Some of the suggestions raised relate to: Delete old non-contractual accounts If you do not have enough Ether to send the transaction and send it safely To prevent replay attacks. Other proposals include making it much more expensive to simply create new accounts or store data, and further decoupling it from paying other kinds of costs inside the EVM. Other suggestions include placing a time limit on the length of the contract, charging more to create an account or contract with a longer time limit (the time limit here would be generous, perhaps over several years). It would still be cheaper to create a lasting contract). There is currently an ongoing debate in the developer community about how best to achieve the goal of keeping the state size small while keeping the core protocol as user and developer friendly as possible.
miscellaneous
Other areas where low-level protocol improvements are expected include:
- several “EVM 1.5” proposed Promotes compatibility with WASM by making the EVM more friendly to static analysis.

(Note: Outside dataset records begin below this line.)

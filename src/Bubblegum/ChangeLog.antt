-- ===== src/Bubblegum/ChangeLog.antt =====
-- `save_changelog_event` and `insert_change_log` of program_transformers/src/bubblegum/db.rs. These
-- statements run outside any transaction, so what was written before an error stays. An `as i64` of
-- a `u32` keeps its value; the depth of a tree is below 63, so that `2i64.pow` does not overflow.
pub mod Frame
pub mod Nodes
pub mod Backfill
use digital_asset_rpc_infras.Base.{
  ℕ, ◌+◌, ◌-◌, ◌^◌, Bool, true, false, not, ◌&&◌, ◌||◌, Option, none, some, List, [], ◌∷◌, ◌++◌,
  String, ltb, ◌==◌, if◌then◌else◌, length,
}
use digital_asset_rpc_infras.Base.Int.{ℤ, pos, sub_ℕ, ltb_ℤ, eqb_ℤ, as_i64}
use digital_asset_rpc_infras.Db.Table.{upsert, insert_or_keep, nat_key, int_key, pair_key}
use digital_asset_rpc_infras.Db.Schema.{Pubkey, ClItem, BackfillItem, TreeTables}
use digital_asset_rpc_infras.Db.Session.{
  Exec, Error, storage_write_error, change_log_event_malformed, execute_trees, query, raise, pure,
  ignore_error, ◌>>=◌, ◌>>◌,
}
use digital_asset_rpc_infras.Bubblegum.Event.{PathNode, ChangeLogEventV1, Externals}
use digital_asset_rpc_infras.Bubblegum.Instruction.{instruction_from}

unfoldable pub node_idx_to_leaf_idx : ℕ → ℕ → ℤ
node_idx_to_leaf_idx index tree_height = sub_ℕ index (2 ^ tree_height)

-- The row of one node, at level `i` of a path of `depth + 1` nodes.
unfoldable pub node_item : ℕ → ℕ → ℕ → PathNode → ClItem
unfolding node_idx_to_leaf_idx
node_item depth seq i p = record {
  leaf_idx = if i == 0 then some (node_idx_to_leaf_idx p.index depth) else none;
  seq = as_i64 seq;
  level = i;
  hash = p.node;
}

-- `ON CONFLICT (tree, node_idx) DO UPDATE .. WHERE excluded.seq > cl_items.seq`
unfoldable pub upsert_node : Pubkey → ℕ → ClItem → TreeTables → TreeTables
upsert_node tree node_idx new t = record t {
  cl_items =
      upsert (tree, node_idx) new (λ old. if ltb_ℤ old.seq new.seq then new else old) t.cl_items;
}

-- The loop over the path; its result is the final `i`.
unfoldable pub insert_nodes : ChangeLogEventV1 → ℕ → List PathNode → Exec ℕ
insert_nodes e i [] = pure i
insert_nodes e i (p ∷ ps) = do
  execute_trees storage_write_error
      (upsert_node e.id p.index (node_item (length e.path - 1) e.seq i p))
  insert_nodes e (i + 1) ps

unfoldable pub insert_audit : ChangeLogEventV1 → List ℕ → String → TreeTables → TreeTables
insert_audit e tx instruction t = record t {
  cl_audits_v2 =
      insert_or_keep (e.id, (e.index, as_i64 e.seq))
        (record { tx = tx; instruction = instruction_from instruction }) t.cl_audits_v2;
}

unfoldable pub has_tree : Pubkey → List BackfillItem → Bool
has_tree tree [] = false
has_tree tree (b ∷ bs) = b.tree == tree || has_tree tree bs

unfoldable pub insert_backfill : BackfillItem → TreeTables → TreeTables
insert_backfill b t = record t { backfill_items = t.backfill_items ++ b ∷ [] }

-- Lines 137 to 166: `force_chk` asks for the tree to be checked from its first change on.
unfoldable pub add_backfill : ChangeLogEventV1 → ℕ → Exec (Unit {0})
add_backfill e slot = do
  known ← query storage_write_error (λ d. has_tree e.id d.trees.backfill_items)
  execute_trees storage_write_error (
      insert_backfill (record {
        tree = e.id;
        seq = as_i64 e.seq;
        slot = as_i64 slot;
        force_chk = not known && ltb 1 e.seq;
        backfilled = false;
        failed = false;
        locked = false;
      }))

unfoldable pub decode_tx : Option (List ℕ) → Exec (List ℕ)
decode_tx none = raise change_log_event_malformed
decode_tx (some tx) = pure tx

-- For an empty path `path.len() - 1` wraps and is cast to -1, which is then also `i - 1`.
unfoldable pub insert_change_log :
    Externals → ChangeLogEventV1 → ℕ → String → String → Exec (Unit {0})
unfolding decode_tx
insert_change_log x e slot txn_id instruction = do
  i ← insert_nodes e 0 e.path
  tx ← decode_tx (x.bs58_decode txn_id)
  ignore_error (execute_trees storage_write_error (insert_audit e tx instruction))
  if eqb_ℤ (sub_ℕ i 1) (sub_ℕ (length e.path) 1) then add_backfill e slot else pure tt

unfoldable pub save_changelog_event : Externals → ChangeLogEventV1 → ℕ → String → String → Exec ℕ
save_changelog_event x e slot txn_id instruction = do
  insert_change_log x e slot txn_id instruction
  pure e.seq
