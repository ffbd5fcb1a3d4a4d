-- ===== src/Db/Session/Backfill.antt =====
-- Rules for blocks of statements that leave `backfill_items` alone.
use digital_asset_rpc_infras.Base.{String, ◌≡◌, refl, ◌∙◌, arith}
use digital_asset_rpc_infras.Db.Schema.{TreeTables}
use digital_asset_rpc_infras.Db.Session.{
  Error, Result, ok, err, Session, Exec, pure, execute, execute_trees, continue, ◌>>=◌,
}

-- `m` changes no row of `backfill_items`.
pub record KeepsBackfill {A : Type 0} (m : Exec A) : Type 0 where
  pub items : (s : Session) → (m s).1.db.trees.backfill_items ≡ s.db.trees.backfill_items

pub KeepsBackfill-execute :
    (w : String → Error) (f : TreeTables → TreeTables)
    → ((t : TreeTables) → (f t).backfill_items ≡ t.backfill_items)
    → KeepsBackfill (execute_trees w f)
unfolding execute
KeepsBackfill-execute w f h = record { items = λ s. ground (arith, h s.db.trees) }

pub KeepsBackfill-pure : {A : Type 0} (a : A) → KeepsBackfill (pure a)
unfolding pure
KeepsBackfill-pure a = record { items = λ s. refl }

module _ {A B : Type 0} where
  continue-KeepsBackfill :
      {k : A → Exec B}
      → ((a : A) → KeepsBackfill (k a))
      → (r : Result A) (t : Session)
      → (continue r k t).1.db.trees.backfill_items ≡ t.db.trees.backfill_items
  continue-KeepsBackfill kk (ok a) t = (kk a).items t
  continue-KeepsBackfill kk (err e) t = refl

  pub KeepsBackfill-bind :
      {m : Exec A} {k : A → Exec B}
      → KeepsBackfill m
      → ((a : A) → KeepsBackfill (k a))
      → KeepsBackfill (m >>= k)
  unfolding ◌>>=◌
  KeepsBackfill-bind {m} km kk = record {
    items = λ s. continue-KeepsBackfill kk (m s).0 (m s).1 ∙ km.items s;
  }
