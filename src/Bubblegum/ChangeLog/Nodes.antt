-- ===== src/Bubblegum/ChangeLog/Nodes.antt =====
-- The nodes that a change log writes to `cl_items`.
use mathlib.Core.List.{Permᴰ, Memᴰ}
use digital_asset_rpc_infras.Base.{
  subst, ℕ, ◌+◌, ◌-◌, ◌≡◌, ◌≢◌, refl, ap, sym, ◌∙◌, ◌⊎◌, inl, inr, Option, none, some, List, [],
  ◌∷◌, arith, if◌then◌else◌, length,
}
use digital_asset_rpc_infras.Base.Int.{ℤ, ltb_ℤ, ◌≤ℤ◌, as_i64, eq_of_parts}
use digital_asset_rpc_infras.Base.Reorder.{AllPairs, run, run-perm}
use digital_asset_rpc_infras.Db.Table.{find, upserted, find-upsert, Key, nat_key, pair_key, ◌==◌}
use digital_asset_rpc_infras.Db.Schema.{Pubkey, ClItem, Db, TreeTables}
use digital_asset_rpc_infras.Db.Session.{
  Exec, Session, ok, pure, execute_trees, storage_write_error,
}
use digital_asset_rpc_infras.Db.Session.Inversion.{bind-ok, execute-ok}
use digital_asset_rpc_infras.Bubblegum.Event.{PathNode, ChangeLogEventV1}
use digital_asset_rpc_infras.Bubblegum.ChangeLog.{node_item, upsert_node, insert_nodes}

-- A tree and a node of it.
abbrev pub NodeKey : Type 0
NodeKey = Pubkey × ℕ

-- The rows that the path of a change log asks for.
abbrev pub nodes_from : ChangeLogEventV1 → ℕ → List PathNode → List (NodeKey × ClItem)
nodes_from e i [] = []
nodes_from e i (p ∷ ps) =
    ((e.id, p.index), node_item (length e.path - 1) e.seq i p) ∷ nodes_from e (i + 1) ps

abbrev pub write_node : NodeKey × ClItem → TreeTables → TreeTables
write_node ((tree, i), new) t = upsert_node tree i new t

abbrev execute_node : ChangeLogEventV1 → ℕ → PathNode → Exec (Unit {0})
execute_node e i p =
    execute_trees storage_write_error
      (upsert_node e.id p.index (node_item (length e.path - 1) e.seq i p))

-- If the loop over the path succeeds, it has written every node, and its counter has counted them.
pub insert_nodes-ok :
    (e : ChangeLogEventV1) (i : ℕ) (ps : List PathNode) (s : Session) (n : ℕ)
    → (insert_nodes e i ps s).0 ≡ ok n
    → (n ≡ i + length ps)
      × ((insert_nodes e i ps s).1.db.trees ≡ run write_node (nodes_from e i ps) s.db.trees)
unfolding insert_nodes pure
insert_nodes-ok e i [] s n h = ground arith
insert_nodes-ok e i (p ∷ ps) s n h =
    let (u, h1, same) = bind-ok (execute_node e i p) (λ _. insert_nodes e (i + 1) ps) s n h in
    let t = (execute_node e i p s).1 in
    let (count, rest) = insert_nodes-ok e (i + 1) ps t n (sym (ap (λ r. r.0) same) ∙ h) in
    (
      omega arith,
      ap (λ r. r.1.db.trees) same
          ∙ rest
          ∙ ap (λ (d : Db). run write_node (nodes_from e (i + 1) ps) d.trees)
              (execute-ok _ _ s u h1),
    )

-- Two node writes that may be made in either order.
abbrev pub NodeCompatible : NodeKey × ClItem → NodeKey × ClItem → Type 0
NodeCompatible (k, c) (l, d) = (k ≢ l) ⊎ (c.seq ≢ d.seq)

NodeCompatible-symm : (u v : NodeKey × ClItem) → NodeCompatible u v → NodeCompatible v u
NodeCompatible-symm (k, c) (l, d) (inl ne) = inl (λ e. ne (sym e))
NodeCompatible-symm (k, c) (l, d) (inr ne) = inr (λ e. ne (sym e))

module _ (key : NodeKey) where
  abbrev keep_newest : ClItem → ClItem → ClItem
  keep_newest new old = if ltb_ℤ old.seq new.seq then new else old

  node_key : Key NodeKey
  node_key = pair_key

  -- What a node write does to the row of `key`.
  abbrev node_step : NodeKey × ClItem → Option ClItem → Option ClItem
  node_step (k, new) r = if k == key then some (upserted new (keep_newest new) r) else r

  find_step :
      (u : NodeKey × ClItem) (t : TreeTables)
      → find key (write_node u t).cl_items ≡ node_step u (find key t.cl_items)
  unfolding upsert_node
  find_step (k, new) t =
      ground (arith, find-upsert k key new (keep_newest new) t.cl_items, node_key.beq_iff k key)

  find-run :
      (us : List (NodeKey × ClItem)) (t : TreeTables)
      → find key (run write_node us t).cl_items ≡ run node_step us (find key t.cl_items)
  find-run [] t = refl
  find-run (u ∷ us) t = find-run us (write_node u t) ∙ ap (run node_step us) (find_step u t)

  newest_commute :
      (c d : ClItem) (r : Option ClItem)
      → c.seq ≢ d.seq
      → upserted d (keep_newest d) (some (upserted c (keep_newest c) r))
        ≡ upserted c (keep_newest c) (some (upserted d (keep_newest d) r))
  newest_commute c d none ne = ground (arith, eq_of_parts c.seq d.seq)
  newest_commute c d (some r) ne = ground (arith, eq_of_parts c.seq d.seq)

  steps_commute :
      (u v : NodeKey × ClItem)
      → NodeCompatible u v
      → (r : Option ClItem) → node_step v (node_step u r) ≡ node_step u (node_step v r)
  steps_commute (k, c) (l, d) (inl ne) r =
      ground (arith, node_key.beq_iff k key, node_key.beq_iff l key)
  steps_commute (k, c) (l, d) (inr ne) r = ground (arith, newest_commute c d r ne)

  -- At least the sequence number `s` is in the row.
  abbrev pub HasSeq : ℤ → Option ClItem → Type 0
  HasSeq s none = ⊥
  HasSeq s (some r) = s ≤ℤ r.seq

  step_keeps :
      (u : NodeKey × ClItem) (s : ℤ) (r : Option ClItem) → HasSeq s r → HasSeq s (node_step u r)
  step_keeps (k, c) s none h = elim h [ ]
  step_keeps (k, c) s (some r) h = ground arith

  run_keeps :
      (us : List (NodeKey × ClItem)) (s : ℤ) (r : Option ClItem)
      → HasSeq s r
      → HasSeq s (run node_step us r)
  run_keeps [] s r h = h
  run_keeps (u ∷ us) s r h = run_keeps us s (node_step u r) (step_keeps u s r h)

-- The same node writes in another order leave the same row of every node of every tree, if any two
-- writes of one node carry different sequence numbers.
pub nodes_order_free :
    {us vs : List (NodeKey × ClItem)}
    → Permᴰ us vs
    → AllPairs NodeCompatible us
    → (key : NodeKey) (t : TreeTables)
    → find key (run write_node us t).cl_items ≡ find key (run write_node vs t).cl_items
nodes_order_free {us} {vs} p h key t =
    find-run key us t
    ∙ run-perm (node_step key) NodeCompatible NodeCompatible-symm (steps_commute key) p h _
    ∙ sym (find-run key vs t)

step_sets :
    (key : NodeKey) (c : ClItem) (r : Option ClItem) → HasSeq key c.seq (node_step key (key, c) r)
step_sets key c none = ground (arith, (node_key key).beq_iff key key)
step_sets key c (some old) = ground (arith, (node_key key).beq_iff key key)

head_covered :
    (e : ChangeLogEventV1) (i : ℕ) (p : PathNode) (ps : List PathNode) (t : TreeTables)
    → let key : NodeKey = (e.id, p.index) in
      HasSeq key (as_i64 e.seq) (find key (run write_node (nodes_from e i (p ∷ ps)) t).cl_items)
unfolding node_item
head_covered e i p ps t =
    let key : NodeKey = (e.id, p.index) in
    let new = node_item (length e.path - 1) e.seq i p in
    subst (HasSeq key (as_i64 e.seq)) (sym (find-run key ((key, new) ∷ nodes_from e (i + 1) ps) t))
      (run_keeps key (nodes_from e (i + 1) ps) (as_i64 e.seq) _
        (step_sets key new (find key t.cl_items)))

-- Every node of the path has a row that is at least as new as the change log.
pub path_covered :
    (e : ChangeLogEventV1) {p : PathNode} {ps : List PathNode} (i : ℕ) (t : TreeTables)
    → Memᴰ p ps
    → HasSeq
        (e.id, p.index)
        (as_i64 e.seq)
        (find (e.id, p.index) (run write_node (nodes_from e i ps) t).cl_items)
path_covered e {ps = []} i t m = elim m [ ]
path_covered e {p = p} {ps = q ∷ ps} i t (Memᴰ.head eq) =
    subst
      (λ z.
        HasSeq (e.id, z.index) (as_i64 e.seq)
          (find (e.id, z.index) (run write_node (nodes_from e i (q ∷ ps)) t).cl_items))
      (sym eq) (head_covered e i q ps t)
path_covered e {ps = q ∷ ps} i t (Memᴰ.tail m) = path_covered e (i + 1) (write_node _ t) m

pub nodes-KeepsBackfill :
    (us : List (NodeKey × ClItem)) (t : TreeTables)
    → (run write_node us t).backfill_items ≡ t.backfill_items
unfolding upsert_node
nodes-KeepsBackfill [] t = refl
nodes-KeepsBackfill (u ∷ us) t = nodes-KeepsBackfill us (write_node u t)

- Incorporating zero-knowledge proofs via (i) explicit ZKP opcodes/native contracts or (ii) opcodes or native contracts for key computationally intensive elements of ZKP, especially elliptic curve pair computation.
- Additional levels of abstraction and protocol simplification
We look forward to more detailed documentation and conversation on all of these topics in the coming months, especially as work continues to transform the Casper specification into a viable proof-of-concept release ready to run testnets.